As I prepare to return to the warmer waters of the Gulf of California, I reflect on my last few dives in our waters off Catalina. Actually the temperature (59 degrees) is warmer than it was when I left in December, if only by a degree. Despite these relatively comfortable conditions, some of our colder water winter residents have returned to the shallows of the Casino Dive Park. One I videotaped extensively on a recent dive is the cabezon ("big head" in Spanish).

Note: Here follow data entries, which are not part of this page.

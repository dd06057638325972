-- ===== src/Runtime/Ledger/Actions/Invariant.antt =====
-- What holds of gateway, ledger and log (agent_ros/runtime/controller.py).
use ros2_agent_workflow.Common.{
  ℕ, suc, ◌≡◌, ◌⊎◌, refl, sym, subst, ap, ◌∙◌, String, Bool, true, List, [], ◌∷◌, leb, All,
  All-take, take, take-take, ok,
}
use ros2_agent_workflow.Safety.{SafetyState}
use ros2_agent_workflow.Gateway.{Gateway, SafetyTransition, history_size}
use ros2_agent_workflow.Gateway.Actions.History.{Stayed, Moved, entry}
use ros2_agent_workflow.Audit.Writer.{max_record_bytes}
use ros2_agent_workflow.Audit.{RawRecord, validate_record}
use ros2_agent_workflow.Runtime.Ledger.{Item, Drain, holding, recorded, Ledger}
use ros2_agent_workflow.Runtime.Ledger.Actions.{System}
use ros2_agent_workflow.Runtime.Ledger.Filing.{Filed, Filed-grows, Registered}
use ros2_agent_workflow.Runtime.Ledger.Trace.{
  Whole, Known, Known-grows, Known-newest, All-Known-grows,
}

-- How far the log has come, `k` records, compared with the number that the drain expects next.
abbrev pub Standing : List SafetyTransition → Bool → ℕ → ℕ → Drain → Type 0
Standing trace failure next k (holding i) =
    (k ≡ next) × (i.transition.sequence ≡ next) × Known trace i.transition
Standing trace failure next k (recorded i) = k ≡ suc next
Standing trace failure next k d = (failure ≡ true) ⊎ (k ≡ next)

Standing-grows :
    (u : SafetyTransition) (state : SafetyState) (trace : List SafetyTransition) (failure : Bool)
    (next k : ℕ) (d : Drain)
    → Whole u.sequence state trace
    → Standing trace failure next k d
    → Standing (u ∷ trace) failure next k d
Standing-grows u state trace failure next k (holding i) w s =
    (s.0, s.1, Known-grows u i.transition state trace w s.2)
Standing-grows u state trace failure next k (recorded i) w s = s
Standing-grows u state trace failure next k d w s = s

module _ (encoded_size : RawRecord → ℕ) (session : String) where
  -- The record of an item.
  abbrev pub RecordOf : Item → RawRecord → Type 0
  RecordOf i r =
      (validate_record r
        ≡ ok (record {
          session_id = session;
          before = i.transition.state_before;
          after = i.transition.state_after;
        }))
      × (leb (encoded_size r) max_record_bytes ≡ true)

  -- The log has the transitions of the numbers below `k`, newest first.
  abbrev pub LoggedUpTo : List SafetyTransition → ℕ → List (Item × RawRecord) → Type 0
  LoggedUpTo trace k [] = k ≡ 0
  LoggedUpTo trace k ((i, r) ∷ log) =
      (suc i.transition.sequence ≡ k)
      × Known trace i.transition
      × RecordOf i r
      × LoggedUpTo trace i.transition.sequence log

  pub record Tracked (s : System) (trace : List SafetyTransition) (k : ℕ) : Type 0 where
    pub whole : Whole s.gateway.transition_sequence s.gateway.state trace
    pub history : s.gateway.transition_history ≡ take history_size trace
    pub known : All (Known trace) trace
    pub filed : All (Filed trace) s.ledger.pending_audit
    pub standing :
        Standing trace s.ledger.audit_failure s.ledger.next_audit_sequence k s.ledger.drain
    pub logged_up_to : LoggedUpTo trace k s.log

module _ (encoded_size : RawRecord → ℕ) (session : String) where
  LoggedUpTo-grows :
      (u : SafetyTransition) (state : SafetyState) (trace : List SafetyTransition) (k : ℕ)
      (log : List (Item × RawRecord))
      → Whole u.sequence state trace
      → LoggedUpTo encoded_size session trace k log
      → LoggedUpTo encoded_size session (u ∷ trace) k log
  LoggedUpTo-grows u state trace k [] w l = l
  LoggedUpTo-grows u state trace k ((i, r) ∷ log) w l = (
    l.0,
    Known-grows u i.transition state trace w l.1,
    l.2,
    LoggedUpTo-grows u state trace i.transition.sequence log w l.3,
  )

  -- The gateway's own steps.
  pub Moved-Tracked :
      (s : System) (g : Gateway) (trace : List SafetyTransition) (k : ℕ)
      → Moved s.gateway g
      → Tracked encoded_size session s trace k
      → Tracked encoded_size session (record s { gateway = g }) (entry s.gateway g ∷ trace) k
  Moved-Tracked s g trace k m v =
      let u = entry s.gateway g in
      record {
        whole = (sym m.next_sequence, refl, v.whole);
        history = m.longer ∙ ap (λ h. u ∷ h) (ap (take 255) v.history ∙ take-take 255 trace);
        known =
            (Known-newest u trace, All-Known-grows u s.gateway.state trace trace v.whole v.known);
        filed = Filed-grows u s.gateway.state trace s.ledger.pending_audit v.whole v.filed;
        standing =
            Standing-grows u s.gateway.state trace s.ledger.audit_failure
              s.ledger.next_audit_sequence k s.ledger.drain v.whole v.standing;
        logged_up_to = LoggedUpTo-grows u s.gateway.state trace k s.log v.whole v.logged_up_to;
      }

  pub Stayed-Tracked :
      (s : System) (g : Gateway) (trace : List SafetyTransition) (k : ℕ)
      → Stayed s.gateway g
      → Tracked encoded_size session s trace k
      → Tracked encoded_size session (record s { gateway = g }) trace k
  Stayed-Tracked s g trace k m v = record {
    whole = rw (m.same_sequence, m.same_state) v.whole;
    history = m.same_history ∙ v.history;
    known = v.known;
    filed = v.filed;
    standing = v.standing;
    logged_up_to = v.logged_up_to;
  }

  pub Tracked-history :
      (s : System) (trace : List SafetyTransition) (k : ℕ)
      → Tracked encoded_size session s trace k
      → All (Known trace) s.gateway.transition_history
  Tracked-history s trace k v =
      subst (All (Known trace)) (sym v.history) (All-take (Known trace) history_size trace v.known)

  pub registers-Tracked :
      (s : System) (trace : List SafetyTransition) (k : ℕ) (l : Ledger)
      → Registered trace s.ledger l
      → Tracked encoded_size session s trace k
      → Tracked encoded_size session (record s { ledger = l }) trace k
  registers-Tracked s trace k l (p, e, f) v =
      subst (λ (x : Ledger). Tracked encoded_size session (record s { ledger = x }) trace k) (sym e)
        (record {
          whole = v.whole;
          history = v.history;
          known = v.known;
          filed = f;
          standing = v.standing;
          logged_up_to = v.logged_up_to;
        })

Cabezon are large (up to 30") members of the sculpin family and may live up to 13 years (an unlucky fish?). This species is found from Alaska to central Baja, living on hard bottoms to as deep as 360+ feet. They are scale-less and of brown, red or green color with darker mottling. With greater than 90% probability, one can tell the reddish males from the greenish females, although juveniles may be bright red. I hope the cabezon themselves can distinguish one another's sex 100% of the time, if only to ensure this species continues!

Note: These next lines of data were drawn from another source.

-- ===== src/Runtime/Ledger/Actions/Drained.antt =====
-- The steps of the drain keep what holds of gateway, ledger and log
-- (agent_ros/runtime/controller.py).
use ros2_agent_workflow.Common.{
  ℕ, suc, ◌≡◌, refl, sym, subst, ap, ◌∙◌, String, Bool, true, false, ◌||◌, not, List, Option, none,
  some, arith, inl, inr, Bool-cases, All, Value, Result, ok, err,
}
use ros2_agent_workflow.Gateway.{SafetyTransition}
use ros2_agent_workflow.Audit.Event.{encode}
use ros2_agent_workflow.Audit.Event.Valid.{encode-validate, encode-made}
use ros2_agent_workflow.Audit.{RawRecord, AuditFailure}
use ros2_agent_workflow.Runtime.Ledger.{
  Item, Drain, resting, holding, recorded, Ledger, Storage, may_take, hold_item, next_item,
  take_item, record_audit_failure, event_of, append_audit, pop_written, rested, store_record,
  stored, lost, late, torn, added,
}
use ros2_agent_workflow.Runtime.Ledger.Actions.{System, written_to}
use ros2_agent_workflow.Runtime.Ledger.Filing.{Filed, Filed-pop, next_item-Known}
use ros2_agent_workflow.Runtime.Ledger.Actions.Invariant.{
  Standing, LoggedUpTo, RecordOf, Tracked, Tracked-history,
}

pub rested-Standing :
    (trace : List SafetyTransition) (failure : Bool) (next k : ℕ) (d : Drain)
    → Standing trace failure next k d
    → Standing trace failure next k (rested d)
unfolding rested
rested-Standing trace failure next k Drain.between st = st
rested-Standing trace failure next k d st = st

pub failed-Standing :
    (trace : List SafetyTransition) (failure : Bool) (next k : ℕ) (d : Drain)
    → Standing trace failure next k d
    → Standing trace true next k d
failed-Standing trace failure next k (holding i) st = st
failed-Standing trace failure next k (recorded i) st = st
failed-Standing trace failure next k d st = inl refl

module _ (encoded_size : RawRecord → ℕ) (session : String) where
  -- The steps of the drain.
  pub drain-Tracked :
      (s : System) (trace : List SafetyTransition) (k : ℕ) (d : Drain)
      → Standing trace s.ledger.audit_failure s.ledger.next_audit_sequence k d
      → Tracked encoded_size session s trace k
      → Tracked encoded_size session (record s { ledger = record s.ledger { drain = d } }) trace k
  drain-Tracked s trace k d st v = record {
    whole = v.whole;
    history = v.history;
    known = v.known;
    filed = v.filed;
    standing = st;
    logged_up_to = v.logged_up_to;
  }

  caught_up :
      (trace : List SafetyTransition) (failure : Bool) (next k : ℕ) (d : Drain)
      → Standing trace failure next k d
      → (failure || not (may_take d)) ≡ false
      → k ≡ next
  caught_up trace failure next k (holding i) st e = ground arith
  caught_up trace failure next k (recorded i) st e = ground arith
  caught_up trace failure next k d st e = ground (arith, st)

  hold-Tracked :
      (s : System) (trace : List SafetyTransition) (k : ℕ) (o : Option Item)
      → ((i : Item)
          → o ≡ some i
          → Standing trace s.ledger.audit_failure s.ledger.next_audit_sequence k (holding i))
      → Tracked encoded_size session s trace k
      → Tracked encoded_size session (record s { ledger = hold_item s.ledger o }) trace k
  unfolding hold_item
  hold-Tracked s trace k none st v = v
  hold-Tracked s trace k (some i) st v = drain-Tracked s trace k (holding i) (st i refl) v

  pub takes-Tracked :
      (s : System) (trace : List SafetyTransition) (k : ℕ)
      → Tracked encoded_size session s trace k
      → Tracked encoded_size session (record s { ledger = take_item s.gateway s.ledger }) trace k
  unfolding take_item
  takes-Tracked s trace k v =
      let held = hold-Tracked s trace k (next_item s.gateway s.ledger) in
      elim (Bool-cases (s.ledger.audit_failure || not (may_take s.ledger.drain))) [
        | inl e ↦ simp (take_item, e) v
        | inr e ↦
            simp (take_item, e)
              (held
                (λ i h.
                  let n =
                    next_item-Known s.gateway s.ledger trace i
                      (Tracked-history encoded_size session s trace k v) v.filed h in
                  let l = s.ledger in
                  (
                    caught_up trace l.audit_failure l.next_audit_sequence k l.drain v.standing e,
                    n.0,
                    n.1,
                  ))
                v)
      ]

  written-Tracked :
      (s : System) (trace : List SafetyTransition) (k : ℕ) (i : Item) (r : RawRecord) (l : Ledger)
      → Standing trace s.ledger.audit_failure s.ledger.next_audit_sequence k (holding i)
      → RecordOf encoded_size session i r
      → l.pending_audit ≡ s.ledger.pending_audit
      → Standing trace l.audit_failure l.next_audit_sequence (suc k) l.drain
      → Tracked encoded_size session s trace k
      → Tracked encoded_size session (written_to s (l, added i r)) trace (suc k)
  written-Tracked s trace k i r l st m same st' v = record {
    whole = v.whole;
    history = v.history;
    known = v.known;
    filed = subst (All (Filed trace)) (sym same) v.filed;
    standing = st';
    logged_up_to = (
      ap suc (st.1 ∙ sym st.0),
      st.2,
      m,
      subst (λ n. LoggedUpTo encoded_size session trace n s.log) (st.0 ∙ sym st.1) v.logged_up_to,
    );
  }

  -- A failure stops the drain where it is.
  failure-Tracked :
      (s : System) (trace : List SafetyTransition) (k : ℕ)
      → Tracked encoded_size session s trace k
      → Tracked encoded_size session
          (record s { ledger = record_audit_failure (record s.ledger { drain = resting }) })
          trace
          k
  unfolding record_audit_failure
  failure-Tracked s trace k v = record {
    whole = v.whole;
    history = v.history;
    known = v.known;
    filed = v.filed;
    standing = inl refl;
    logged_up_to = v.logged_up_to;
  }

  -- So does one that leaves a torn record, which is no record of the log.
  torn-Tracked :
      (s : System) (trace : List SafetyTransition) (k : ℕ)
      → Tracked encoded_size session s trace k
      → Tracked encoded_size session
          (record s {
            ledger = record_audit_failure (record s.ledger { drain = resting });
            has_torn = true;
          })
          trace
          k
  unfolding record_audit_failure
  torn-Tracked s trace k v = record {
    whole = v.whole;
    history = v.history;
    known = v.known;
    filed = v.filed;
    standing = inl refl;
    logged_up_to = v.logged_up_to;
  }

  store-Tracked :
      (s : System) (trace : List SafetyTransition) (k : ℕ) (i : Item) (storage : Storage)
      (made : Result AuditFailure RawRecord)
      → Standing trace s.ledger.audit_failure s.ledger.next_audit_sequence k (holding i)
      → ((r : RawRecord) → made ≡ ok r → RecordOf encoded_size session i r)
      → Tracked encoded_size session s trace k
      → (k' : ℕ) × Tracked encoded_size session
          (written_to s (store_record s.ledger i storage made))
          trace
          k'
  unfolding store_record record_audit_failure
  store-Tracked s trace k i storage (err e) st m v = (k, failure-Tracked s trace k v)
  store-Tracked s trace k i stored (ok r) st m v = (
    suc k,
    written-Tracked s trace k i r (record s.ledger { drain = recorded i }) st (m r refl) refl
        (ap suc st.0) v,
  )
  store-Tracked s trace k i lost (ok r) st m v = (k, failure-Tracked s trace k v)
  store-Tracked s trace k i torn (ok r) st m v = (k, torn-Tracked s trace k v)
  store-Tracked s trace k i late (ok r) st m v = (
    suc k,
    written-Tracked s trace k i r (record_audit_failure (record s.ledger { drain = resting })) st
        (m r refl) refl (inl refl) v,
  )

  pub writes-Tracked :
      (s : System) (trace : List SafetyTransition) (k : ℕ) (wall_time monotonic_time : Value)
      (storage : Storage) (d : Drain)
      → Standing trace s.ledger.audit_failure s.ledger.next_audit_sequence k d
      → Tracked encoded_size session s trace k
      → (k' : ℕ) × Tracked encoded_size session
          (written_to s
            (append_audit encoded_size s.ledger wall_time monotonic_time session storage d))
          trace
          k'
  unfolding append_audit event_of
  writes-Tracked s trace k wall_time monotonic_time storage (holding i) st v =
      store-Tracked s trace k i storage
        (encode encoded_size (event_of i) wall_time monotonic_time session) st
        (λ r e. (
          encode-validate encoded_size (event_of i) wall_time monotonic_time session r e,
          (encode-made encoded_size (event_of i) wall_time monotonic_time session r e).1,
        ))
        v
  writes-Tracked s trace k wall_time monotonic_time storage d st v = (k, v)

  pub pops-Tracked :
      (s : System) (trace : List SafetyTransition) (k : ℕ) (d : Drain)
      → Standing trace s.ledger.audit_failure s.ledger.next_audit_sequence k d
      → Tracked encoded_size session s trace k
      → Tracked encoded_size session (record s { ledger = pop_written s.ledger d }) trace k
  unfolding pop_written
  pops-Tracked s trace k (recorded i) st v = record {
    whole = v.whole;
    history = v.history;
    known = v.known;
    filed = Filed-pop trace s.ledger.next_audit_sequence s.ledger.pending_audit v.filed;
    standing = inr st;
    logged_up_to = v.logged_up_to;
  }
  pops-Tracked s trace k d st v = v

Females mature at 3-5 years old and produce about 50,-100,000 eggs per season which peaks from October to April here in southern California. They may spawn more than once during that period in nests on the surface of rocks. The males guard the nests until the eggs hatch into planktonic larvae which drift within 50 miles of shore until they settle as small fish, largely in tidepools. Here the young feed on small crustaceans like shrimp and crabs. Adults feed on larger crabs, fish, octopi and other molluscs. According to Dr. Milton Love of UCSB, the adults are able to knock abalone off rocks, eat them whole and spit out the shell. I guess they don't believe in pounding and breading them first. In turn, cabezon are eaten by sea otters and marine birds including cormorants.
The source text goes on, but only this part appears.